Development Blog

Mar 15, 2016

Functional programming & Ocelot

Functional programming is a style of programming characterized by first-class functions and the avoidance of mutable state. Ocelot will be written in Python, and functional programming is well supported in Python and its libraries. This blog post explains what functional programming means in the context of Ocelot.

Ocelot will ultimately have a pretty simple structure - data will be extracted by a data extraction class, and converted from the spold2 XML format to native Python data structures. Then, a series of transformation functions will be sequentially applied. These transformation functions each represent a choice in the system model. For example, determining the marginal producer in a market based on technology levels and political constraints would be a transformation function, and a new version of the data will be created where the marginal provider is labeled. Finally, the data will be converted from Python back to the spold2 XML format.

Pretty simple, really.

Figure 1: Flow logic of Ocelot data processing.

In Ocelot, each transformation will be a callable function or class that will take one argument - all datasets - and return all datasets. The actual data will not be changed, as it will be immutable; rather, a new version of the data will be created at each transformation step. The functioning of each transformation process can change depending on the system model configuration, and if any such configuration information is required the function will be curried ahead of time. It is also possible that multiple dispatch will be used to handle the same function in different system model contexts. Ideally, the main system model algorithm will be as simple as:

for function in prepared_and_ordered_functions:
    data = function(data)

What does this programming paradigm bring to the table? There are several advantages.

First, and most importantly, each transforming function will a small and self-contained section of code, making it easy to understand and test. Functional programming, if done correctly, should have no side-effects, so each function can be independently tested. Ensuring consistent and error-free applications of system models is one of the design goals of Ocelot, and this separation of concerns will help us achieve that goal. An idealized transformation function will look like this:

def transformation_function(data):
    new_data = [do_something(dataset) for dataset in data]

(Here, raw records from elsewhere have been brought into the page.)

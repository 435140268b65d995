-- ===== src/Settings/RoundTrip/Covers.antt =====
-- src/core/settings/: which variables of a section are written, and which values without loss.
use g0wm.Common.{
  ℕ, ◌<◌, ◌≡◌, Bool, true, false, ◌&&◌, Option, none, some, List, [], ◌∷◌, length, is_empty, Bytes,
  bytes_eq, if◌then◌else◌,
}
use g0wm.Settings.Types.{Numbers, Enum, Store}
use g0wm.Settings.Names.{has_value, DistinctNames, enum_name}
use g0wm.Settings.Word.{IsReading, one_line, AllOneLine}
use g0wm.Settings.Combo.{picked, total}
use g0wm.Settings.Tables.{
  Line, line, Kind, uint, flag, string, color, mods, number, enum, Conversion, convert,
}
use g0wm.Settings.Writing.{
  Written, put, Form, written_uint, written_int, written_number, written_bool, written_string,
  written_hex, written_mods, written_name, word_of,
}

-- What the C library promises of the numbers that it prints, and scfg of words.
pub record IsPrinting {D : Type 0} (d : Numbers D) : Type 0 where
  pub reading : IsReading d
  pub uint_text : (n : ℕ) → is_empty (d.show_uint n) ≡ false
  pub strtod-show_uint : (n : ℕ) → d.strtod (d.show_uint n) ≡ some (d.of_uint n)
  pub in_uint-of_uint : (n : ℕ) → n < 4294967296 → d.in_uint (d.of_uint n) ≡ some n
  pub hex_text : (n : ℕ) → n < 4294967296 → length (d.show_hex n) ≡ 8
  pub strtoul-show_hex : (n : ℕ) → n < 4294967296 → d.strtoul_hex (d.show_hex n) ≡ some n

-- A number that comes back from a text as it was, with the conversion made.
abbrev pub ComesBack : {D : Type 0} → Numbers D → Conversion → D → Bytes → Type 0
ComesBack d c v text =
    (is_empty text ≡ false) × ((w : _) × (d.strtod text ≡ some w) × (convert d c w ≡ v))

-- The name of a variable in a line that is written, and how.
abbrev pub written_at : List Written → Bytes → Option (Bytes × Form)
written_at [] key = none
written_at (put k var form ∷ lines) key =
    if bytes_eq k key then some (var, form) else written_at lines key

-- Whether a form writes what a kind of line reads.
abbrev pub suits : Kind → Form → Bool
suits uint written_uint = true
suits flag written_bool = true
suits string written_string = true
suits color written_hex = true
suits mods written_mods = true
suits (number conversion) written_int = true
suits (number conversion) written_number = true
suits (enum table) (written_name other) = bytes_eq table other
suits _ _ = false

abbrev pub found_suits : Bytes → Kind → Option (Bytes × Form) → Bool
found_suits var kind none = false
found_suits var kind (some (other, form)) = bytes_eq other var && suits kind form

-- Every line finds its key first with its own variable, written in a form that suits it.
abbrev pub covers : List Line → List Written → Bool
covers [] written = true
covers (line key var kind ∷ lines) written =
    found_suits var kind (written_at written key) && covers lines written

module _ {D : Type 0} (d : Numbers D) (tables : Bytes → List Enum) (modifiers : List Enum)
    (s : Store D) where
  -- A value that the form can write without loss.
  abbrev pub Writable : Bytes → Kind → Form → Type 0
  Writable var uint form = s.uints var < 4294967296
  Writable var color form = s.colors var < 4294967296
  Writable var mods form = total 0 (picked modifiers (s.uints var)) ≡ s.uints var
  Writable var (number conversion) written_int =
      ComesBack d conversion (s.numbers var) (d.show_int (s.numbers var))
  Writable var (number conversion) form =
      ComesBack d conversion (s.numbers var) (d.show_number (s.numbers var))
  Writable var string form = AllOneLine (word_of (s.strings var))
  Writable var (enum table) form =
      DistinctNames (tables table)
      × (has_value (tables table) (s.enums var) ≡ true)
      × (one_line (enum_name (tables table) (s.enums var)) ≡ true)
  Writable var _ form = Unit {0}

  abbrev pub FoundWritable : Bytes → Kind → Option (Bytes × Form) → Type 0
  FoundWritable var kind none = Unit {0}
  FoundWritable var kind (some (other, form)) = Writable var kind form

  abbrev pub AllWritable : List Line → List Written → Type 0
  AllWritable [] written = Unit {0}
  AllWritable (line key var kind ∷ lines) written =
      FoundWritable var kind (written_at written key) × AllWritable lines written

module _ {D : Type 0} (s : Store D) where
  -- The variable of a line has the value that it has in `s`.
  abbrev pub Keeps : Bytes → Kind → Store D → Type 0
  Keeps var uint t = t.uints var ≡ s.uints var
  Keeps var flag t = t.flags var ≡ s.flags var
  Keeps var string t = t.strings var ≡ s.strings var
  Keeps var color t = t.colors var ≡ s.colors var
  Keeps var mods t = t.uints var ≡ s.uints var
  Keeps var (number conversion) t = t.numbers var ≡ s.numbers var
  Keeps var (enum table) t = t.enums var ≡ s.enums var

  abbrev pub AllKept : List Line → Store D → Type 0
  AllKept [] t = Unit {0}
  AllKept (line key var kind ∷ lines) t = Keeps var kind t × AllKept lines t
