-- ===== src/Settings/Bindings/Reading.antt =====
-- src/core/settings/read.c: proofs on reading the argument of an action that was written.
use g0wm.Common.{
  ℕ, ◌<◌, ◌≡◌, refl, sym, true, false, none, some, List, [], ◌∷◌, ◌++◌, Bytes, is_empty, length,
}
use g0wm.Settings.Types.{Numbers}
use g0wm.Settings.Names.{has_value, DistinctNames, enum_name, enum_value-enum_name}
use g0wm.Settings.Word.{one_line, AllOneLine, carried_same, all_carried_same}
use g0wm.Settings.Getters.{nth, number_of, number_value, uint_value}
use g0wm.Settings.Tables.{truncated, narrowed}
use g0wm.Settings.RoundTrip.Covers.{IsPrinting, ComesBack}
use g0wm.Settings.Bindings.Args.{
  Names, Layout, Arg, arg_none, arg_int, arg_uint, arg_float, arg_words, arg_layout, ArgKind,
  kind_none, kind_int, kind_uint, kind_float, kind_words, kind_layout, kind_drag, layout_by_symbol,
  collect_params, get_arg, write_arg,
}

module _ {D : Type 0} (d : Numbers D) (zero_value : D) (names : Names) where
  -- An argument that an action of that kind has and that is written without loss.
  abbrev pub WritableArg : ArgKind → Arg D → Type 0
  WritableArg kind_none a = a ≡ arg_none
  WritableArg kind_int (arg_int i) = ComesBack d truncated i (d.show_int i)
  WritableArg kind_uint (arg_uint ui) = ui < 4294967296
  WritableArg kind_float (arg_float f) = ComesBack d narrowed f (d.show_number f)
  WritableArg kind_words (arg_words (some words)) = AllOneLine words
  WritableArg kind_layout (arg_layout none) = Unit {0}
  WritableArg kind_layout (arg_layout (some layout)) =
      (layout_by_symbol names.layouts (some layout.symbol) ≡ some layout)
      × (one_line layout.symbol ≡ true)
  WritableArg kind_drag (arg_uint ui) =
      DistinctNames names.drag_modes
      × (has_value names.drag_modes ui ≡ true)
      × (one_line (enum_name names.drag_modes ui) ≡ true)
  WritableArg _ _ = ⊥

  module _ (law : IsPrinting d) where
    pub uint_value-show_uint :
        (v fallback : ℕ) → v < 4294967296 → uint_value d (some (d.show_uint v)) fallback ≡ v
    unfolding uint_value number_of
    uint_value-show_uint v fallback h =
        rw (uint_value, number_of, law.uint_text v, law.strtod-show_uint v, law.in_uint-of_uint v h)
          refl

    number_back :
        (text : Bytes) (w : D)
        → is_empty text ≡ false
        → d.strtod text ≡ some w
        → number_value d (some text) zero_value ≡ w
    unfolding number_value number_of
    number_back text w e f = rw (number_value, number_of, e, f) refl

    nth-append : (before after : List Bytes) → nth (before ++ after) (length before) ≡ nth after 0
    nth-append [] after = refl
    nth-append (b ∷ before) after = nth-append before after

    collect_params-append :
        (before after : List Bytes) → collect_params (before ++ after) (length before) ≡ some after
    unfolding collect_params
    collect_params-append [] after = refl
    collect_params-append (b ∷ before) after = collect_params-append before after

    layout_none : (layouts : List Layout) → layout_by_symbol layouts none ≡ none
    unfolding layout_by_symbol
    layout_none [] = refl
    layout_none (layout ∷ layouts) = refl

    -- Behind the words that name the action an argument is read back as it was written, if it is one
    -- that an action of that kind has and that is written without loss.
    pub get_arg-write_arg :
        (kind : ArgKind) (a : Arg D) (before : List Bytes)
        → WritableArg kind a
        → get_arg d zero_value names kind
            (before ++ write_arg d zero_value names kind a)
            (length before)
          ≡ a
    unfolding get_arg write_arg
    get_arg-write_arg kind_none a before h = sym h
    get_arg-write_arg kind_int (arg_int i) before (e, (w, f, g)) =
        rw (get_arg, nth-append before (d.show_int i ∷ []), number_back (d.show_int i) w e f, g)
          refl
    get_arg-write_arg kind_uint (arg_uint ui) before h =
        rw (nth-append before (d.show_uint ui ∷ []), uint_value-show_uint ui 0 h) refl
    get_arg-write_arg kind_float (arg_float f) before (e, (w, g, same)) =
        rw (nth-append before (d.show_number f ∷ []), number_back (d.show_number f) w e g, same)
          refl
    get_arg-write_arg kind_words (arg_words (some words)) before h =
        rw (all_carried_same d words law.reading h, collect_params-append before words) refl
    get_arg-write_arg kind_layout (arg_layout none) before h =
        rw (all_carried_same d [] law.reading tt, nth-append before [], layout_none names.layouts)
          refl
    get_arg-write_arg kind_layout (arg_layout (some layout)) before h =
        rw
          (
            all_carried_same d (layout.symbol ∷ []) law.reading (h.1, tt),
            nth-append before (layout.symbol ∷ []),
            h.0,
          )
          refl
    get_arg-write_arg kind_drag (arg_uint ui) before h =
        rw
          (
            get_arg,
            carried_same d (enum_name names.drag_modes ui) law.reading h.2,
            nth-append before (enum_name names.drag_modes ui ∷ []),
            enum_value-enum_name names.drag_modes ui 2 h.0 h.1,
          )
          refl
    get_arg-write_arg _ _ before h = absurd h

The lack of side effects or mutable state can also be a big help when dealing with complicated system modeling options. Those of you who have read through the data quality guidelines know that some system rules can include a complex set of interdependencies. For example, the long-term consequential model uses technology rules to choose the marginal producer of a technosphere flow, but only after excluding certain technologies due to political restrictions. We intend to split this if statement into two separate functions - one of which will remove technologies which are politically limited, and another which will choose the most modern among the remaining technologies. In addition to getting working versions of each system model choice in computer code, this division can really help everyone better understand exactly what, when, and how the different system models function.

In theory, the use of immutable data structures and transforming functions will also make it easy to parallelize the application of the system models. We will test whether there are benefits in the real world - libraries like multiprocessing or scoop still require serialization of data structures, which might negate the speed benefits of distributed processing.

Finally, logging the changes in each transforming step can make it easy to backtrack calculations and locate errors when they occur. This logging is against the strict interpretation of functional programming, as logs are a change in state, or a side effect of a function, but most rules need to be broken every now and then. Logging the data at each step can also make it possible to only run certain parts of the transformation chain, starting from the last known good data.